Hey Ruk, congratulations! Phear the `65!! Your ride will be featured on the homepage and entered in the Quaker State Autoguide.com free oil change drawing.


----------



## teamwoody72 (May 23, 2008)

well deserved, One of the nicest you will see


----------



## BearGFR (Aug 25, 2008)

Hi 5, Rukee... :cheers

Bear


----------



## Instg8ter (Sep 28, 2010)

Congrats Rukee....:cheers


----------



## jetstang (Nov 5, 2008)

Great job! Congrats for WI!!


----------



## Rukee (Feb 8, 2007)

Thanks guys!!
And thank everyone who voted!! :cheers arty:


----------



## blackplate65 (May 10, 2011)

congrats to u rukee :cheers


----------



## silversport (Mar 23, 2007)

nice!...and congratulations...
Bill


----------



## ALKYGTO (Mar 29, 2010)

Well deserved, beautiful car and you are an asset to this forum.

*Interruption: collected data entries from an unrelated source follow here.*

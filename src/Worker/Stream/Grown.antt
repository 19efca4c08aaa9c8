-- ===== src/Worker/Stream/Grown.antt =====
-- The stream with one more packet at its end: `gen_pkt` of server/backend/worker.cpp.
use clean_slate_inc.Prelude.{
  ℕ, suc, ◌+◌, ◌%◌, ◌≡◌, ◌≢◌, ◌<◌, sym, ap, ◌∙◌, subst, some, List, ◌++◌, arith, u32_mod,
}
use native.Mathlib.Decide.{ℕ_discrete}
use clean_slate_inc.Packet.{get_psn, get_group_id}
use clean_slate_inc.Congestion.{max_win_len}
use clean_slate_inc.LoadBalancer.{SubOp}
use clean_slate_inc.QueuePair.{Spsc}
use clean_slate_inc.QueuePair.History.{Reach}
use clean_slate_inc.Window.{Window, PktState, update, get_next_position}
use clean_slate_inc.Window.Positions.{place, IsRun, update_self, update_ne}
use clean_slate_inc.Worker.Defs.{Worker}
use clean_slate_inc.Worker.Stream.{ended, lasts, HaveParts, IsNext}
use clean_slate_inc.Worker.Stream.Lasts.{lasts-write, place-ne}
use clean_slate_inc.Worker.Stream.Make.{InSend}

module _ {L F : Type 0} (q : Spsc SubOp) (group : ℕ) where
  -- `gen_pkt` has filled in the packet at `to_send`, with the number `next`.
  pub record Made (n to_send next : ℕ) (w w' : Worker q.Queue L F) (made got : List SubOp)
      : Type 0 where
    pub st : PktState
    pub window : w'.window ≡ record w.window { state = update w.window.state to_send st }
    pub psn : get_psn st.pkt ≡ next
    pub of_group : get_group_id st.pkt ≡ group
    pub s : SubOp
    pub part : st.sub_op ≡ some s
    pub queues : Reach q w'.qp made (lasts w.window.state w.window.to_ack n ++ ended st) got
    pub numbers : IsNext q group ((next + 1) % u32_mod) w'
    pub current : w'.current_group_id ≡ group

  -- The stream with the packet in it.
  pub grown :
      {n to_send : ℕ} {w w' w'' : Worker q.Queue L F} {made got : List SubOp} (left_psn : ℕ)
      → (v : InSend q group n to_send w made got) → (m : Made n to_send v.next w w' made got)
      → suc n < max_win_len
      → (n ≡ 0 → left_psn ≡ v.next)
      → (n ≢ 0 → left_psn ≡ w.window.left_psn)
      → w''.window
        ≡ record w.window { state = update w.window.state to_send m.st; left_psn = left_psn }
      → Reach q w''.qp made (lasts w.window.state w.window.to_ack n ++ ended m.st) got
      → IsNext q group ((v.next + 1) % u32_mod) w''
      → w''.current_group_id ≡ group
      → InSend q group (suc n) (get_next_position to_send) w'' made got
  unfolding get_next_position
  grown {n} {to_send} {w} {w'} {w''} {made} {got} left_psn v m small first later window queues
        numbers current =
      record {
        run =
            subst
              (λ (z : Window F).
                IsRun group z.left_psn (suc n) z.to_ack (get_next_position to_send) z.state)
              (sym window)
              (record {
                from_in = v.run.from_in;
                base_in = base_in (ℕ_discrete n 0);
                short = small;
                end = omega (arith, v.run.end, v.run.from_in);
                psns =
                    every (λ st k. get_psn st.pkt ≡ (left_psn + k) % u32_mod)
                      (λ k lt.
                        v.run.psns k lt
                        ∙ ap (λ i. (i + k) % u32_mod) (sym (later (λ e. absurd (omega arith)))))
                      (m.psn ∙ base (ℕ_discrete n 0));
                groups = every (λ st k. get_group_id st.pkt ≡ group) v.run.groups m.of_group;
              });
        parts =
            subst (λ (z : Window F). HaveParts z.state z.to_ack (suc n)) (sym window)
              (every (λ st k. (x : SubOp) × (st.sub_op ≡ some x)) v.parts (m.s, m.part));
        queues =
            subst (λ (z : Window F). Reach q w''.qp made (lasts z.state z.to_ack (suc n)) got)
              (sym window) (subst (λ l. Reach q w''.qp made l got) (sym written) queues);
        next = (v.next + 1) % u32_mod;
        follows = λ _.
            omega (arith, base (ℕ_discrete n 0))
            ∙ ap (λ (z : Window F). (z.left_psn + suc n) % u32_mod) (sym window);
        numbers = numbers;
        current = λ _. current;
      }
    where
      f : ℕ → PktState
      f = w.window.state

      p : ℕ
      p = w.window.to_ack

      g : ℕ → PktState
      g = update f to_send m.st

      old : (k : ℕ) → k < n → g (place p k) ≡ f (place p k)
      old k lt =
          update_ne f m.st (λ e. place-ne p k n v.run.from_in lt (omega arith) (sym e ∙ v.run.end))

      new : g (place p n) ≡ m.st
      new = ap g (sym v.run.end) ∙ update_self f to_send m.st

      every :
          (P : PktState → ℕ → Type 0)
          → ((k : ℕ) → k < n → P (f (place p k)) k)
          → P m.st n
          → (k : ℕ) → k < suc n
          → P (g (place p k)) k
      every P olds st k lt = elim (ℕ_discrete k n) [
        | yes e ↦ subst (λ j. P (g (place p j)) j) (sym e) (subst (λ z. P z n) (sym new) st)
        | no ne ↦
            let less : k < n = omega arith in subst (λ z. P z k) (sym (old k less)) (olds k less)
      ]

      written : lasts g p (suc n) ≡ lasts f p n ++ ended m.st
      written =
          ap (λ i. lasts (update f i m.st) p (suc n)) v.run.end
          ∙ lasts-write n f p m.st v.run.from_in (omega arith)

      base_in : Dec (n ≡ 0) → left_psn < u32_mod
      base_in (yes e) = omega (arith, first e, v.numbers.next_in)
      base_in (no ne) = omega (arith, later ne, v.run.base_in)

      base : Dec (n ≡ 0) → v.next ≡ (left_psn + n) % u32_mod
      base (yes e) = omega (arith, first e, v.numbers.next_in)
      base (no ne) = v.follows ne ∙ ap (λ i. (i + n) % u32_mod) (sym (later ne))
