-- ===== src/Worker/Stream/Grow.antt =====
-- A packet that `gen_pkt` of server/backend/worker.cpp makes joins the stream at its end.
use clean_slate_inc.Prelude.{
  ℕ, ◌≡◌, ◌⊎◌, inl, inr, refl, sym, ap, ◌∙◌, subst, true, false, none, some, List, ◌++◌, arith,
  add32, Bool-cases, ◌==◌, append-nil, All, All-append_right, ◌≢◌,
}
use mathlib.Core.List.{append_cancel_left}
use clean_slate_inc.Op.{Op}
use clean_slate_inc.Packet.{get_psn, get_group_id}
use clean_slate_inc.LoadBalancer.{SubOp}
use clean_slate_inc.QueuePair.{Spsc, QueuePair, front_req}
use clean_slate_inc.QueuePair.Steps.{requests, responses, front_req-requests, pop_req-requests}
use clean_slate_inc.QueuePair.History.{Reach, Reach-Inv, take, head?-some}
use clean_slate_inc.Window.{PktState, update}
use clean_slate_inc.Worker.Defs.{Worker}
use clean_slate_inc.Worker.Send.{fill_pkt, next_state, next_sub_op, fill_next, gen_pkt}
use clean_slate_inc.Worker.Stream.{lasts, Slotless}
use clean_slate_inc.Worker.Stream.Shift.{ended-last, ended-inner}
use clean_slate_inc.Worker.Stream.Make.{
  InSend, next_sub_op_lem, made-psn, made-group, made-sub_op, made-last,
}
use clean_slate_inc.Worker.Stream.Grown.{Made}

module _ (q : Spsc SubOp) where
  -- The part in front has not been collected.
  front-Slotless :
      {qp : QueuePair q.Queue} {made taken got : List SubOp} (s : SubOp)
      → Reach q qp made taken got
      → front_req q qp ≡ some s
      → (s.agg_len == 0) ≡ true
      → Slotless made got
  front-Slotless {qp} {made} {taken} {got} s r front zero owed same slots =
      let (xs, h) = head?-some s (requests q qp) (sym (front_req-requests q qp) ∙ front) in
      let is : owed ≡ responses q qp ++ (taken ++ requests q qp) =
        append_cancel_left got _ _ (same ∙ sym (Reach-Inv q r).order) in
      let waiting : All (λ (s : SubOp). s.agg_len ≢ 0) (requests q qp) =
        All-append_right _ taken (requests q qp) (
          All-append_right _ (responses q qp) (taken ++ requests q qp)
            (subst (All (λ (s : SubOp). s.agg_len ≢ 0)) is slots)) in
      (subst (All (λ (s : SubOp). s.agg_len ≢ 0)) h waiting).0 (ground (arith, zero))

module _ {L F : Type 0} (q : Spsc SubOp) (group : ℕ) where
  module _ (ops : ℕ → Op) (n to_send : ℕ) (w w' : Worker q.Queue L F) (s : SubOp)
      {made got : List SubOp} (v : InSend q group n to_send w' made got)
      (found : next_sub_op q ops w ≡ (some s, w')) (busy : w'.progress.sub_op ≡ some s)
      (current : w'.current_group_id ≡ group) (same : (ops s.op).group.group_id ≡ group)
      (slots : (s.agg_len == 0) ≡ false) where
    abbrev st : PktState
    st = next_state (ops s.op) s w'.progress (w'.window.state to_send) w'.mem

    abbrev Makes : Type 0
    Makes =
        (w'' : Worker q.Queue L F) × (gen_pkt q ops to_send w ≡ some (true, w''))
        × Made q group n to_send v.next w' w'' made got

    st-psn : get_psn st.pkt ≡ v.next
    st-psn =
        made-psn (ops s.op) s w'.progress (w'.window.state to_send) w'.mem
        ∙ v.numbers.busy_psn s busy

    st-group : get_group_id st.pkt ≡ group
    st-group = made-group (ops s.op) s w'.progress (w'.window.state to_send) w'.mem ∙ same

    st-part : st.sub_op ≡ some s
    st-part = made-sub_op (ops s.op) s w'.progress (w'.window.state to_send) w'.mem

    st-last : st.is_last ≡ (add32 w'.progress.pkt_sent 1 == w'.progress.pkt_cnt)
    st-last = made-last (ops s.op) s w'.progress (w'.window.state to_send) w'.mem

    -- The part goes on after this packet.
    inner_packet : (add32 w'.progress.pkt_sent 1 == w'.progress.pkt_cnt) ≡ false → Makes
    unfolding gen_pkt fill_next fill_pkt next_state
    inner_packet inner =
        let more = v.numbers.busy_more s busy in
        let small = v.numbers.busy_in s busy in
        (
          record w' {
            window = record w'.window { state = update w'.window.state to_send st };
            progress = record w'.progress { pkt_sent = add32 w'.progress.pkt_sent 1 };
          },
          ap (fill_next q ops to_send) found ∙ rw (slots, st-last ∙ inner, fill_next) refl,
          record {
            st = st;
            window = refl;
            psn = st-psn;
            of_group = st-group;
            s = s;
            part = st-part;
            queues =
                subst (λ l. Reach q w'.qp made l got)
                  (sym (
                    ap (λ l. lasts w'.window.state w'.window.to_ack n ++ l)
                      (ended-inner st (st-last ∙ inner))
                    ∙ append-nil (lasts w'.window.state w'.window.to_ack n)))
                  v.queues;
            numbers = record {
              next_in = omega arith;
              idle = λ e. absurd (ground arith);
              busy_psn = λ x e. omega (arith, v.numbers.busy_psn s busy);
              busy_left = λ x e. v.numbers.busy_left s busy;
              busy_more = λ x e. ground (arith, more, small);
              busy_in = λ x e. small;
              busy_front = λ x e. v.numbers.busy_front s busy ∙ sym busy ∙ e;
            };
            current = current;
          },
        )

    -- The packet ends the part, which leaves the work queue.
    last_packet : (add32 w'.progress.pkt_sent 1 == w'.progress.pkt_cnt) ≡ true → Makes
    unfolding gen_pkt fill_next fill_pkt next_state
    last_packet last =
        let front = v.numbers.busy_front s busy in
        let more = v.numbers.busy_more s busy in
        let small = v.numbers.busy_in s busy in
        let psn = v.numbers.busy_psn s busy in
        let left = v.numbers.busy_left s busy in
        let (xs, h) = head?-some s (q.items w'.qp.wq) (sym (front_req-requests q w'.qp) ∙ front) in
        let (qp, popped, _, _, _) = pop_req-requests q s xs w'.qp h in
        (
          record w' {
            window = record w'.window { state = update w'.window.state to_send st };
            qp = qp;
            progress = record w'.progress {
              pkt_sent = add32 w'.progress.pkt_sent 1;
              sub_op = none;
            };
          },
          ap (fill_next q ops to_send) found ∙ rw (slots, st-last ∙ last, popped, fill_next) refl,
          record {
            st = st;
            window = refl;
            psn = st-psn;
            of_group = st-group;
            s = s;
            part = st-part;
            queues =
                subst (λ l. Reach q qp made (lasts w'.window.state w'.window.to_ack n ++ l) got)
                  (sym (ended-last st s (st-last ∙ last) st-part)) (take s v.queues front popped);
            numbers = record {
              next_in = omega arith;
              idle = λ e. ground (arith, psn, left, more, small);
              busy_psn = λ x e. absurd (ground arith);
              busy_left = λ x e. absurd (ground arith);
              busy_more = λ x e. absurd (ground arith);
              busy_in = λ x e. absurd (ground arith);
              busy_front = λ x e. absurd (ground arith);
            };
            current = current;
          },
        )

    makes_packet : Makes
    makes_packet = elim (Bool-cases (add32 w'.progress.pkt_sent 1 == w'.progress.pkt_cnt)) [
      | inl last ↦ last_packet last
      | inr inner ↦ inner_packet inner
    ]

  no_packet :
      (ops : ℕ → Op) (to_send : ℕ) (w w' : Worker q.Queue L F)
      → next_sub_op q ops w ≡ (none, w')
      → gen_pkt q ops to_send w ≡ some (false, w')
  unfolding gen_pkt fill_next
  no_packet ops to_send w w' e = ap (fill_next q ops to_send) e

  no_slots :
      (ops : ℕ → Op) (to_send : ℕ) (w w' : Worker q.Queue L F) (s : SubOp)
      → next_sub_op q ops w ≡ (some s, w')
      → (s.agg_len == 0) ≡ true
      → gen_pkt q ops to_send w ≡ none
  unfolding gen_pkt fill_next fill_pkt
  no_slots ops to_send w w' s e zero = ap (fill_next q ops to_send) e ∙ rw (zero, fill_next) refl

  -- `gen_pkt` fails only on a part without slots: else it leaves the stream alone and says that there is
  -- nothing to send, or it makes the next packet.
  pub gen_pkt_lem :
      (ops : ℕ → Op) {n to_send : ℕ} {w : Worker q.Queue L F} {made got : List SubOp}
      → ((a : ℕ) → (ops a).group.group_id ≡ group)
      → InSend q group n to_send w made got
      → ((gen_pkt q ops to_send w ≡ none) × Slotless made got)
        ⊎ ((w' : Worker q.Queue L F) × (gen_pkt q ops to_send w ≡ some (false, w'))
            × InSend q group n to_send w' made got)
        ⊎ ((base : Worker q.Queue L F) × (v : InSend q group n to_send base made got) × (w' : Worker
              q.Queue L F)
            × (gen_pkt q ops to_send w ≡ some (true, w'))
            × Made q group n to_send v.next base w' made got)
  gen_pkt_lem ops {n} {to_send} {w} same v = elim (next_sub_op_lem q group ops same v) [
    | inl (w', e, v') ↦ inr (inl (w', no_packet ops to_send w w' e, v'))
    | inr (s, base, e, v', busy, current) ↦ elim (Bool-cases (s.agg_len == 0)) [
      | inl zero ↦ inl (
        no_slots ops to_send w base s e zero,
        front-Slotless q s v'.queues (v'.numbers.busy_front s busy) zero,
      )
      | inr slots ↦
          let (w', runs, m) =
            makes_packet ops n to_send w base s v' e busy current (same s.op) slots in
          inr (inr (base, v', w', runs, m))
    ]
  ]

Congrats! :cheers


----------



## Hot_Rod (Feb 10, 2011)

Boooo!! I was robbed! :lol:

j/k Grats man. Your cars done, unlike mine. It should win these things.


----------



## Eric Animal (Oct 28, 2007)

Congrats Rukee....great pic also! Eric :cheers


----------



## Rukee (Feb 8, 2007)

Eric Animal said:


> Congrats Rukee....great pic also! Eric :cheers


Thanks!!
Unlike me, the car is very photogenic.


----------